Found a place. Cheaper than Carlton direct by about $135. Stump Grinder Poly Chain Belts / JP Carlton / Model 7015 -- Global Equipment Exporters Online Store
Still way too expensive for a belt!

Carlton parts departments is a rip off. I just placed an order for toggle switches on the wireless remote control. $24.50 each. I foolishly ordered two of them cause I needed them. Later did some research and found them elsewhere for $3.80 each. Thats nearly a 700% profit margin!


----------



## paccity

John464 said:


> Found a place. Cheaper than Carlton direct by about $135. Stump Grinder Poly Chain Belts / JP Carlton / Model 7015 -- Global Equipment Exporters Online Store
> Still way too expensive for a belt!
> 
> Carlton parts departments is a rip off. I just placed an order for toggle switches on the wireless remote control. $24.50 each. I foolishly ordered two of them cause I needed them. Later did some research and found them elsewhere for $3.80 each. Thats nearly a 700% profit margin!


 
thanks for the line on that polly belt. ya the switches i outsorce way cheaper and there better switches. i also have a diff bearing sorce. better bearings than the linkbelts. and a note on the deutz eng, change the timeing belt every 1000 hrs. don't ask how i know.


----------



## lmcc4088

*A better solution.*

gentlemen, I've been grinding for about 12 years with a Rayco 1625 super Jr. that uses the notched belt, similar to an automotive timing belt, cost, $270 for a replacement.I did research, did the math, converted to a 4 V flat belt, so it can slip, if overloaded, no busted notches as with the polychain. It's the best move I've ever made, I grind daily, big stuff, five feet dia. oak, no problem. And I use green teeth, sharpen them myself, with a drill press and a 2 in. diamond grinding wheel, makes them like new in 5 minutes, they cost $10 each to replace, but with resharpening, I get at least 6 resharpenings before they are spoiled. Just thought you might need to know this, my email is; [email protected], you might need to know some things I have learned, and of coarse, I'm the best, my bumper sticker says; A man and his stumpgrinder, it's a beautiful thing, just for grins.,Have a great day, Larry in Florida.


----------



## stumper63

Vermeer has stuck with the 3-grooved (parallel to belt) for many years now, no polychain. They last 500-750 hrs/+ and cost about $35 if I remember right. Always wondered why Rayco used the cogged belt on the lower hp machine. Sounds like your conversion was the way to go.

Stumper63


----------



## coolbrze

A new poly chain for our 2500-4 was $184.24 + S&H from Carlton 4 months ago.


----------



## stormchaser

*stormchaser*



paccity said:


> i've tryed to get that belt other than from carlton . no luck,. keep it cleaned out and adjusted you should get over 1000 hr's out of it. if some one has a line on getting them cheap[er i'm all ears.
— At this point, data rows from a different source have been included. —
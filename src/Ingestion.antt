-- ===== src/Ingestion.antt =====
-- backend/app/ingestion: the sources of the corpus, from a row of sources.csv to the extracted blocks.
pub mod Schemas
pub mod Registry
pub mod Bytes
pub mod Downloader
pub mod Legacy
pub mod Status
pub mod Cleaning
pub mod Run
pub mod Batch
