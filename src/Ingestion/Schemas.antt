-- ===== src/Ingestion/Schemas.antt =====
-- backend/app/ingestion/schemas.py with the row of backend/app/db/models/corpus.py. Times are natural
-- numbers; the duration of a document's run is left out. A file's bytes are a list of numbers.
use production_rag_system.Prelude.{ℕ, String, Bool, List, [], ◌∷◌, Option, Dict}

pub data DocStatus : Type 0 where
  registered downloaded extracted indexed failed : DocStatus

abbrev pub allowed_file_types : List String
allowed_file_types = "pdf" ∷ "html" ∷ "docx" ∷ "pptx" ∷ "xlsx" ∷ []

-- The fields that may not be empty, and then all the columns.
abbrev pub row_fields : List String
row_fields = "doc_id" ∷ "title" ∷ "source_org" ∷ "url" ∷ "file_type" ∷ "version_label" ∷ []

abbrev pub required_source_columns : List String
required_source_columns =
    "doc_id" ∷ "title" ∷ "source_org" ∷ "url" ∷ "file_type" ∷ "version_label" ∷ "notes" ∷ []

pub record SourceRow : Type 0 where
  pub doc_id : String
  pub title : String
  pub source_org : String
  pub url : String
  pub file_type : String
  pub version_label : String
  pub notes : String

-- A path of the raw directory: what comes before the last dot, and the suffix with its dot.
pub record RawPath : Type 0 where
  pub stem : String
  pub suffix : String

pub record DownloadOutcome : Type 0 where
  pub status : DocStatus
  pub path : Option RawPath
  pub sha256 : Option String
  pub skipped_dedupe : Bool
  pub note : Option String

pub record IngestResult : Type 0 where
  pub doc_id : String
  pub file_type : String
  pub status : DocStatus
  pub is_scanned : Bool
  pub page_count : Option ℕ
  pub block_count : ℕ
  pub blocks_with_page_or_anchor : ℕ
  pub version_drift : Bool
  pub html_links_only_pdf : Bool
  pub dead_url : Bool
  pub note : Option String

-- A row of `documents`.
pub record DocumentRow : Type 0 where
  pub doc_id : String
  pub title : String
  pub source_org : String
  pub url : String
  pub file_type : String
  pub version_label : String
  pub downloaded_at : Option ℕ
  pub is_scanned : Bool
  pub page_count : Option ℕ
  pub sha256 : Option String
  pub status : DocStatus
  pub note : Option String

-- A block that a loader returns, and what is written of it.
pub record Block : Type 0 where
  pub page_content : String
  pub page_start : Option ℕ
  pub page_end : Option ℕ
  pub anchor : Option String
  pub section_heading : Option String
  pub is_scanned : Bool
  pub html_links_only_pdf : Bool

pub record JsonLine : Type 0 where
  pub page_content : String
  pub doc_id : String
  pub page_start : Option ℕ
  pub page_end : Option ℕ
  pub anchor : Option String
  pub section_heading : Option String

-- The database and the two directories of files, by the names of the files.
pub record Corpus : Type 0 where
  pub documents : Dict DocumentRow
  pub raw_files : Dict (List ℕ)
  pub extracted_files : Dict (List JsonLine)

pub data IngestError : Type 0 where
  missing_columns duplicate_doc_ids : List String → IngestError
  no_documents_row : String → IngestError
  raised : String → IngestError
if you looking for poly chain belt you better make sure its blue inside poly carbin belts are blue inside if not bout 50 -100 hours then it breaks i have a good lead on cheaper belts for 7015 ill ck back after next weeek or call me next week ill tell you what i found out 256-759-4349 also i have a 4400 thats the older now 7015 tire machine perfect condition 18,000 i have a buddy in montgmery al. thats a gates dealer gonna see if i can save few bucks you can getum around 525 now:hmm3grin2orange:


----------



## howel07264

lmcc4088 said:


> gentlemen, I've been grinding for about 12 years with a Rayco 1625 super Jr. that uses the notched belt, similar to an automotive timing belt, cost, $270 for a replacement.I did research, did the math, converted to a 4 V flat belt, so it can slip, if overloaded, no busted notches as with the polychain. It's the best move I've ever made, I grind daily, big stuff, five feet dia. oak, no problem. And I use green teeth, sharpen them myself, with a drill press and a 2 in. diamond grinding wheel, makes them like new in 5 minutes, they cost $10 each to replace, but with resharpening, I get at least 6 resharpenings before they are spoiled. Just thought you might need to know this, my email is; [email protected], you might need to know some things I have learned, and of coarse, I'm the best, my bumper sticker says; A man and his stumpgrinder, it's a beautiful thing, just for grins.,Have a great day, Larry in Florida.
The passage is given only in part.